## [AVAILABLE DATA]
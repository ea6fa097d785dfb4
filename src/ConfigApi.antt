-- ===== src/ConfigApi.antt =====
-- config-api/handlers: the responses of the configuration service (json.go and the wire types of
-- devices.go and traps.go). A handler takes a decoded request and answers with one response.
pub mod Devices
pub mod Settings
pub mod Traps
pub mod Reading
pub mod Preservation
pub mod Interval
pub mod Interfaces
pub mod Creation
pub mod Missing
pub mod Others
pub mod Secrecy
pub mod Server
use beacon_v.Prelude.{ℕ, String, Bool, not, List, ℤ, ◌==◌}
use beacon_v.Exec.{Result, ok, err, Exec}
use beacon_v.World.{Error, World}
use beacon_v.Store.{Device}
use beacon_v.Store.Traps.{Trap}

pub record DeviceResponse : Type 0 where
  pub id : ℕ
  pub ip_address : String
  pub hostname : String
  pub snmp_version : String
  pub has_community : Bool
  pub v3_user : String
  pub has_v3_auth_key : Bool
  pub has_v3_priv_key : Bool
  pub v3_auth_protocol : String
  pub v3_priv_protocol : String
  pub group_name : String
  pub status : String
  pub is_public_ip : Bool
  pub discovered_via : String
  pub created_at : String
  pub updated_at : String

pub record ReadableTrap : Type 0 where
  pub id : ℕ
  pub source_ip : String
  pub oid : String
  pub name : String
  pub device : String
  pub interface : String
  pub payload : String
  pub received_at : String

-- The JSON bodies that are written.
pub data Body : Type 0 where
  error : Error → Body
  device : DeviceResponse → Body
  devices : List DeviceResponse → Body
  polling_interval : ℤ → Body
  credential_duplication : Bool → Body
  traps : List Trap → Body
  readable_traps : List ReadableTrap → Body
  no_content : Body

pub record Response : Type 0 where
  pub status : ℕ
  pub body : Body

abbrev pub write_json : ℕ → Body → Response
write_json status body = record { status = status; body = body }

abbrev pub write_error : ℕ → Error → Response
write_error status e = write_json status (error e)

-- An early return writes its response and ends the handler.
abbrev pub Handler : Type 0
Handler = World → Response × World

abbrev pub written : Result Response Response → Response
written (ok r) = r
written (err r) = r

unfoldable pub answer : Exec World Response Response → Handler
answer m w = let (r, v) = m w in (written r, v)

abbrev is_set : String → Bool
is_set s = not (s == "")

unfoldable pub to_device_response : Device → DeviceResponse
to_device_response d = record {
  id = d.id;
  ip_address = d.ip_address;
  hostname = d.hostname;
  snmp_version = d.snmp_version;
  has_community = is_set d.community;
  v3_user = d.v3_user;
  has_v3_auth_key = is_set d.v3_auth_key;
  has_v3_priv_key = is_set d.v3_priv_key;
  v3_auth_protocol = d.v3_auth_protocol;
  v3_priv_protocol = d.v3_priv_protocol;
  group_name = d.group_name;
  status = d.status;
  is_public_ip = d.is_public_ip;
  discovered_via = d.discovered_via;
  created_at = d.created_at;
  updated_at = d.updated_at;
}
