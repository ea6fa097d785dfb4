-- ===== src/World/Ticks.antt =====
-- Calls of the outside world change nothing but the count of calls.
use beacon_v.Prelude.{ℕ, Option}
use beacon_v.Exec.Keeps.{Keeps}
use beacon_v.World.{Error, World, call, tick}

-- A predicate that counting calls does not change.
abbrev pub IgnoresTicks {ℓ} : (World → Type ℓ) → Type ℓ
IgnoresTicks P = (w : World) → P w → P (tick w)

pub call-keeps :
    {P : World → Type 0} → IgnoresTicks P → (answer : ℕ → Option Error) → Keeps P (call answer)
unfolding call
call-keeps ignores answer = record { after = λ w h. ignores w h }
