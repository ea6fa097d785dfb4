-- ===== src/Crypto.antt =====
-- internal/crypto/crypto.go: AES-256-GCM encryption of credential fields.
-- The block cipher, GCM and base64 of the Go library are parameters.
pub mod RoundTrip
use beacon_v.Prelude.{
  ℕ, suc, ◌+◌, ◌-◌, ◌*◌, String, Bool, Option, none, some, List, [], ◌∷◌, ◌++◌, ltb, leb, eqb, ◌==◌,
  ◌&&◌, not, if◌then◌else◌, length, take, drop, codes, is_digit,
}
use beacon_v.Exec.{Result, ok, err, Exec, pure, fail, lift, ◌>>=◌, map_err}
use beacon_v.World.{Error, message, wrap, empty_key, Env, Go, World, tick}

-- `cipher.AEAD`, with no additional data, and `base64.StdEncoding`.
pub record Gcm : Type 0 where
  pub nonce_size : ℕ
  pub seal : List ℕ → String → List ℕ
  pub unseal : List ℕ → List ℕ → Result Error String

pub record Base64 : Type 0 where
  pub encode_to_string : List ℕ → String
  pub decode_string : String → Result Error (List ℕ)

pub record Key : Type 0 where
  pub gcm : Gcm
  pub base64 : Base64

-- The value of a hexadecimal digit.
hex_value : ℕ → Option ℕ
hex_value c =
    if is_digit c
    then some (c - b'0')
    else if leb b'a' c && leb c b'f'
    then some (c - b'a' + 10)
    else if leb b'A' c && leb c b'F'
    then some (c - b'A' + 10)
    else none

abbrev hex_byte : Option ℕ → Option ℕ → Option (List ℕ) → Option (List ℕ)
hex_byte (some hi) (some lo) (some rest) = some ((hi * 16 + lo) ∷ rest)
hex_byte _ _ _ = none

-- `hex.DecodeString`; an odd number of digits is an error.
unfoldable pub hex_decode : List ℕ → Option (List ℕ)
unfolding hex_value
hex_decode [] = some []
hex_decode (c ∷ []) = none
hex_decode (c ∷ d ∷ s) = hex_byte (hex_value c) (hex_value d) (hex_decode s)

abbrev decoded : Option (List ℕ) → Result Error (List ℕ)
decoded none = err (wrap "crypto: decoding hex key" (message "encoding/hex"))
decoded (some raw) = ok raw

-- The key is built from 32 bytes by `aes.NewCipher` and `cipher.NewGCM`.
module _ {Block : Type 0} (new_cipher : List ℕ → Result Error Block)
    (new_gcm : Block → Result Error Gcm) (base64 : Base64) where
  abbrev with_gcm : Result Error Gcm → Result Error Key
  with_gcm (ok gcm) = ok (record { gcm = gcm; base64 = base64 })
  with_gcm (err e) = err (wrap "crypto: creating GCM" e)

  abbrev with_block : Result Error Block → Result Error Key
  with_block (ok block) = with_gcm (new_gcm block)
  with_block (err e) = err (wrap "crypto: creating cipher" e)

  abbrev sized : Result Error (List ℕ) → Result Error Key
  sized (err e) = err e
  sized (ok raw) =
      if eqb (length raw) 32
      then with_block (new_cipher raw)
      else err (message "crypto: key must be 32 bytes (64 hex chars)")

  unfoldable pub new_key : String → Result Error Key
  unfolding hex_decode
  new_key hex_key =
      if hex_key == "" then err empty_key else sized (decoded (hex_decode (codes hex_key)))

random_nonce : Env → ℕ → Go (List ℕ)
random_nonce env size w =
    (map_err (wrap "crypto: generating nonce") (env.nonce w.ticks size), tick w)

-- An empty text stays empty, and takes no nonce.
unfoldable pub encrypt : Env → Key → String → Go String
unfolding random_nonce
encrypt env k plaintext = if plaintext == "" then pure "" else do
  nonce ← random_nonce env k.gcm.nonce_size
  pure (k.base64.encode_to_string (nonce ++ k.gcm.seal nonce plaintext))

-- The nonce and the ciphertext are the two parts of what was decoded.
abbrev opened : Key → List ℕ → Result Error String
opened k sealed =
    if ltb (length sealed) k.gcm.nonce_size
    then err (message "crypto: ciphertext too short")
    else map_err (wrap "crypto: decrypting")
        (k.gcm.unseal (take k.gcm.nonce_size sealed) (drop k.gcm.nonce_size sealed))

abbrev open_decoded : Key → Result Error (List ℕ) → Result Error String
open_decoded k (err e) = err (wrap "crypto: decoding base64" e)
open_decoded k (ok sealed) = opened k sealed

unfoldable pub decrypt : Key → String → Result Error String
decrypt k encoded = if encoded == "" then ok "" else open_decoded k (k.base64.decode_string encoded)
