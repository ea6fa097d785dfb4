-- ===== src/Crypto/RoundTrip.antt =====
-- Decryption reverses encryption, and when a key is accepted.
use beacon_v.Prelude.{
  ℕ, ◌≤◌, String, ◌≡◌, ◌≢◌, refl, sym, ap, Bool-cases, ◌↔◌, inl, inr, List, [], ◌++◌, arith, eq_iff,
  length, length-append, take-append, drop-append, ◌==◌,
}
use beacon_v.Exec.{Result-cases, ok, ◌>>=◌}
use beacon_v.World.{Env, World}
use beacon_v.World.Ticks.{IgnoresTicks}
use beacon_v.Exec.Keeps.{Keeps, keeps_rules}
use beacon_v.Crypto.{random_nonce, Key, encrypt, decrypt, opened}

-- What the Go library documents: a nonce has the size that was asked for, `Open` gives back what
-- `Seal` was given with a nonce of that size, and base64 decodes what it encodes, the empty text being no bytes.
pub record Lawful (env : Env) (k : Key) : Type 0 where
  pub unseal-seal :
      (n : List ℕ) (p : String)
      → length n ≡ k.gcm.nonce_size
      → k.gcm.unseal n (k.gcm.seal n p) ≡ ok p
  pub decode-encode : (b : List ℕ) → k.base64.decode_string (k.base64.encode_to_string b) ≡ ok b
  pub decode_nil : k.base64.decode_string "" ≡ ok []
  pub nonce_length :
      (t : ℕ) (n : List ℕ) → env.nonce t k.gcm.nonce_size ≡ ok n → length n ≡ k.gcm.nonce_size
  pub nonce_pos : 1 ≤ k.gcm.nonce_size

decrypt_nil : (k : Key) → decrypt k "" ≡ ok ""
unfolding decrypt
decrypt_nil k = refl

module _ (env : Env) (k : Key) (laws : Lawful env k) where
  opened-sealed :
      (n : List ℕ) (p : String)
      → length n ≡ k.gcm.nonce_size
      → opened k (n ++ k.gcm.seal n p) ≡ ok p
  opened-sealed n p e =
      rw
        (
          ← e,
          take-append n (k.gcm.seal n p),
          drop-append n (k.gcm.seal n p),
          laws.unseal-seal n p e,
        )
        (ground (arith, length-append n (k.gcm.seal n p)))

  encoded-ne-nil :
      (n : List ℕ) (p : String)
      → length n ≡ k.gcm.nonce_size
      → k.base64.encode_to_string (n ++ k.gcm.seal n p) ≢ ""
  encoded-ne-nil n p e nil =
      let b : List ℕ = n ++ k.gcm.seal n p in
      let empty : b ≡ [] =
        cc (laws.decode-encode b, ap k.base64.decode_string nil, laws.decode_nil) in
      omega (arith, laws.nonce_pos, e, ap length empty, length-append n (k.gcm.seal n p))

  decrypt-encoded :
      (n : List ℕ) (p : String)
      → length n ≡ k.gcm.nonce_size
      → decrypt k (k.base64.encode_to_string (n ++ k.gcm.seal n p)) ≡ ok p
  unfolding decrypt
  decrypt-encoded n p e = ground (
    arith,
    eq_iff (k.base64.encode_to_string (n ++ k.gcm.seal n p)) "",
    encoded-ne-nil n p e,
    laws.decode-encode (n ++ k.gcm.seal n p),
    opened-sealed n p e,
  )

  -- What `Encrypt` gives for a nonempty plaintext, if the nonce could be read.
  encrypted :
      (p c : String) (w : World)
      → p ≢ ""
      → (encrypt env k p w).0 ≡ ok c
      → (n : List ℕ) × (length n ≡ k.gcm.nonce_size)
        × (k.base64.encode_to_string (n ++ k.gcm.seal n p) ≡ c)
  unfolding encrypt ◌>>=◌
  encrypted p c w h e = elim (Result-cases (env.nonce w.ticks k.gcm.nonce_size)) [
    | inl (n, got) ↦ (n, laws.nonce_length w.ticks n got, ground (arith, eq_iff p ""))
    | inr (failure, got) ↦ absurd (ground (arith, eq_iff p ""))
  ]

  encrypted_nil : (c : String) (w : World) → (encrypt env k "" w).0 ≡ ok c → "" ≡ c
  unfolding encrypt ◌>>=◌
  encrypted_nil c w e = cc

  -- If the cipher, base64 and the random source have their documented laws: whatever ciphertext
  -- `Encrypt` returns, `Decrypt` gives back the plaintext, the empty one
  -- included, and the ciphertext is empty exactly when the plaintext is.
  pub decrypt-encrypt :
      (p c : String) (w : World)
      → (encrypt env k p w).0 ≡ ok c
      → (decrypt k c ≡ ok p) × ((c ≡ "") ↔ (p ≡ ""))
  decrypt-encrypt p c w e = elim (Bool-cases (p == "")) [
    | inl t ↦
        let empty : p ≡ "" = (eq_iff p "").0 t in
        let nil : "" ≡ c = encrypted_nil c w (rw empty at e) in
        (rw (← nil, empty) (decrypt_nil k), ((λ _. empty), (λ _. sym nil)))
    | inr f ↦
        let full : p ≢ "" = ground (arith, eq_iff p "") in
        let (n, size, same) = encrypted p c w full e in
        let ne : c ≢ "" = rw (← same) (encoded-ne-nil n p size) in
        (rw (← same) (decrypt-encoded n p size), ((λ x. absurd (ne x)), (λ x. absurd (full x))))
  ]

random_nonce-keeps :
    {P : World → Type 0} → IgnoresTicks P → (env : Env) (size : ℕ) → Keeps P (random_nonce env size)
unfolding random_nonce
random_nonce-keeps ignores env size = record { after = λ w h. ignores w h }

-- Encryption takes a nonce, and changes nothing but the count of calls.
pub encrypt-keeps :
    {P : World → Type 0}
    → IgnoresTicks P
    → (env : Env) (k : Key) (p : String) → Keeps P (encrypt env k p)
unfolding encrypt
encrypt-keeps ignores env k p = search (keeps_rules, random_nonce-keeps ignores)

==

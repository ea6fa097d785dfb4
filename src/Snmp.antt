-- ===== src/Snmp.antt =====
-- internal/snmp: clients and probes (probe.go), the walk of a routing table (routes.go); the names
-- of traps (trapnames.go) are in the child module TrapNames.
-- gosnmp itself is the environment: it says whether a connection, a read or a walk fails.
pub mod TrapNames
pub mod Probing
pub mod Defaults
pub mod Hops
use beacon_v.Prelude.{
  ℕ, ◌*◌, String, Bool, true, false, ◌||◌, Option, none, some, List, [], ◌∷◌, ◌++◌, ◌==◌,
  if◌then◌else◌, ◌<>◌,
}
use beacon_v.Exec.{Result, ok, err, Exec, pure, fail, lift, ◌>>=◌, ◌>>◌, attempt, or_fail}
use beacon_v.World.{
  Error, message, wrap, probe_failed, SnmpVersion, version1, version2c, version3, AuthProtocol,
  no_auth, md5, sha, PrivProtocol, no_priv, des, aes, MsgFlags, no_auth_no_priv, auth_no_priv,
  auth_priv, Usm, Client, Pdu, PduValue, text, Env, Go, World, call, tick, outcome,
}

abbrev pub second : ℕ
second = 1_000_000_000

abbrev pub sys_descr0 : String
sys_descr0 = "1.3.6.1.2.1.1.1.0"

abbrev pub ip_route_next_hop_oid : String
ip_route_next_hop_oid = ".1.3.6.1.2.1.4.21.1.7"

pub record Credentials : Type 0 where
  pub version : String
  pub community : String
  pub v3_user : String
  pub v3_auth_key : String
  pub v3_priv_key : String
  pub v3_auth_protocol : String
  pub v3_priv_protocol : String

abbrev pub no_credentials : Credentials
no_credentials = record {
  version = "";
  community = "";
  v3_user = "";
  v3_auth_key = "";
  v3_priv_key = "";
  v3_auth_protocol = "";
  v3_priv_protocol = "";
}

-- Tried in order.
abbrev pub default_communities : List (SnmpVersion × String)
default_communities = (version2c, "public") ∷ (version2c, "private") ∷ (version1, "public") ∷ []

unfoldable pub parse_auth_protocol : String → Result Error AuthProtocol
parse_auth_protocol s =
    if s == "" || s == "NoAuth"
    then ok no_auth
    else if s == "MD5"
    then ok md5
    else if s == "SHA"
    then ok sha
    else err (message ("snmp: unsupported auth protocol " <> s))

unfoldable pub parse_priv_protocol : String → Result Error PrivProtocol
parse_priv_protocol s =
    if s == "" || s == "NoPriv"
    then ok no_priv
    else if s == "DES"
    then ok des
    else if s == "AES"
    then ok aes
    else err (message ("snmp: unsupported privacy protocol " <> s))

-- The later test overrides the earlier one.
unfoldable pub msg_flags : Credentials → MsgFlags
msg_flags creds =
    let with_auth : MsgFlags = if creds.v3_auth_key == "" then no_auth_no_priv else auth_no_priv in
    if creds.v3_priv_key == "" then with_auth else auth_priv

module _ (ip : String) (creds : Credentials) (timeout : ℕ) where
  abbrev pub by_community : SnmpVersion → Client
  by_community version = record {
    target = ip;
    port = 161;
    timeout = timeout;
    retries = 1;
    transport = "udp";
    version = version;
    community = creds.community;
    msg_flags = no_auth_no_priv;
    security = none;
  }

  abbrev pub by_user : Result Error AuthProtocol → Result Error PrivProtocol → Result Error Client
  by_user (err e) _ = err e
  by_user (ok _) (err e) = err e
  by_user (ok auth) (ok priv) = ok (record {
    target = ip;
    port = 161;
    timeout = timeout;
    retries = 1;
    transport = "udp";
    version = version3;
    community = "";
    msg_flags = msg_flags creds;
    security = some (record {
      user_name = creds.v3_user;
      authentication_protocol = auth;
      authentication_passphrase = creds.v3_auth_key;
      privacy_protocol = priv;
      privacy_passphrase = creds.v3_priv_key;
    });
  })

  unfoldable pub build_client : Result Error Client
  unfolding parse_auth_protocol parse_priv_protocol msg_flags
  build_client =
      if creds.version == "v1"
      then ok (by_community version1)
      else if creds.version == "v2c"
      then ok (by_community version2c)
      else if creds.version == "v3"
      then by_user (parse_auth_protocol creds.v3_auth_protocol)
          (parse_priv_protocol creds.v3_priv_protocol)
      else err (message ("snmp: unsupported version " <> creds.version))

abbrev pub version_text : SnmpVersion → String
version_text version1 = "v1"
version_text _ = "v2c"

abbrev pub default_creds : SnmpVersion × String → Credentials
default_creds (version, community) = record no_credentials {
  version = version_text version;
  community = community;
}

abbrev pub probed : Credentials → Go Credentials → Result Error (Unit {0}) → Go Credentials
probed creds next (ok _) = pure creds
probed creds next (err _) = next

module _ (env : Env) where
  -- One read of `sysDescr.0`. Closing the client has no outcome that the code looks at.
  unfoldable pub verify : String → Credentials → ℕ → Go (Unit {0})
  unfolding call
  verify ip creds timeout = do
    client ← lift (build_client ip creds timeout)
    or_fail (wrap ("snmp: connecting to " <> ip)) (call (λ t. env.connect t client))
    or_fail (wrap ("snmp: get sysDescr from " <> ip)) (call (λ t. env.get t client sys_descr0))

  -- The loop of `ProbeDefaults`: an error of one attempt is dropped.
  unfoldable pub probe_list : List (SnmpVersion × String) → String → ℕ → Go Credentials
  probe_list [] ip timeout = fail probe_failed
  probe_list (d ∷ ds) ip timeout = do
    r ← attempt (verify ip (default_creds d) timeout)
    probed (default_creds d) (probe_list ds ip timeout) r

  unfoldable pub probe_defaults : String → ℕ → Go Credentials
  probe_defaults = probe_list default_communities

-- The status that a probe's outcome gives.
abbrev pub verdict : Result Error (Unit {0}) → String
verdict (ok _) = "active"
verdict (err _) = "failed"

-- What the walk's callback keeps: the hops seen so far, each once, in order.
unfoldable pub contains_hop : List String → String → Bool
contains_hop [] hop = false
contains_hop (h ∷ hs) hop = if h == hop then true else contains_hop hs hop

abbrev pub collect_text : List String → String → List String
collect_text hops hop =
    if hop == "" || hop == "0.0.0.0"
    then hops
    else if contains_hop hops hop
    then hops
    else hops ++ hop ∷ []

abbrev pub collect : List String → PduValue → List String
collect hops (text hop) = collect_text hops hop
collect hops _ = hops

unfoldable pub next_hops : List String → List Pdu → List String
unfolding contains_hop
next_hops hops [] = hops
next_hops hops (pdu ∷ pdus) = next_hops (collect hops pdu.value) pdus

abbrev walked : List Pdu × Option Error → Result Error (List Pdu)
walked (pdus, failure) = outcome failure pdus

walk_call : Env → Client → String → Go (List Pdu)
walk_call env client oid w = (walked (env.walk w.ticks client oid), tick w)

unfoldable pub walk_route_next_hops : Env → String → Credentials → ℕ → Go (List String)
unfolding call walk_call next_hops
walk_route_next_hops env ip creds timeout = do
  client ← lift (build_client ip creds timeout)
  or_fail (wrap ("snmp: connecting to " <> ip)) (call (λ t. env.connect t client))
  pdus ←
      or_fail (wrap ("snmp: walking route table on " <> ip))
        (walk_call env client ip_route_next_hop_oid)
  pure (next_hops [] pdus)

...

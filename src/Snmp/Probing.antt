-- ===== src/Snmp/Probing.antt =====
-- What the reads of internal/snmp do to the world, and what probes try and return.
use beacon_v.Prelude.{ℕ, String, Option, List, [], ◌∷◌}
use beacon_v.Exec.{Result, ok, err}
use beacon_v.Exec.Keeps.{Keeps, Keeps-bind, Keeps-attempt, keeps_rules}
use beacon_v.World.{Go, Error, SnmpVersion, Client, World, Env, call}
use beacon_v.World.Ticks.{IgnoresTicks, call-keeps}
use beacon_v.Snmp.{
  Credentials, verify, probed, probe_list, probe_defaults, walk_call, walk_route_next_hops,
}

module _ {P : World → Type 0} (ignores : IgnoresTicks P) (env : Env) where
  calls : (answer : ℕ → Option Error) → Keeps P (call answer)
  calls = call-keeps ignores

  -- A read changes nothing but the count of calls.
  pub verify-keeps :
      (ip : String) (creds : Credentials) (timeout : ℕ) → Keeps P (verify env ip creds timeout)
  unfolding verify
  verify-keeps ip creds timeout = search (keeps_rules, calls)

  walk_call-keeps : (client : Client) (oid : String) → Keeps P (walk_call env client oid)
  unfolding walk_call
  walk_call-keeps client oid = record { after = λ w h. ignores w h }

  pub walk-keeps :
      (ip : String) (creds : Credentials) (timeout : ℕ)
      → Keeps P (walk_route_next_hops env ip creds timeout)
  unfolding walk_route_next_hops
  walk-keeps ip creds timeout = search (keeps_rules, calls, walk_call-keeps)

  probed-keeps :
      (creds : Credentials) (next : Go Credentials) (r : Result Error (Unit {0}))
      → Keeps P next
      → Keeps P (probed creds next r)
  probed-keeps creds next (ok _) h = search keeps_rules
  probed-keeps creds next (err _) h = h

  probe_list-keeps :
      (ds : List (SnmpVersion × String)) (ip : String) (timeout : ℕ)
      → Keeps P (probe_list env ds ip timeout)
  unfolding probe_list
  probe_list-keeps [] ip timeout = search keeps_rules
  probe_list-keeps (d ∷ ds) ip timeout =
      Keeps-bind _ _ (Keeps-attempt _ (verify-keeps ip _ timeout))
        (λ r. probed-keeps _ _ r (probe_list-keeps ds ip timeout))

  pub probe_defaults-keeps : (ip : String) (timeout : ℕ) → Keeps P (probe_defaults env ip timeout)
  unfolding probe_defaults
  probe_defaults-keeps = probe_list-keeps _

## [TASK DESCRIPTION]
Would you copy out every line in the records that includes the string "ConfigApi"?

## [RESULT OF THE TASK]
filename src/ConfigApi.antt
-- ===== src/ConfigApi.antt =====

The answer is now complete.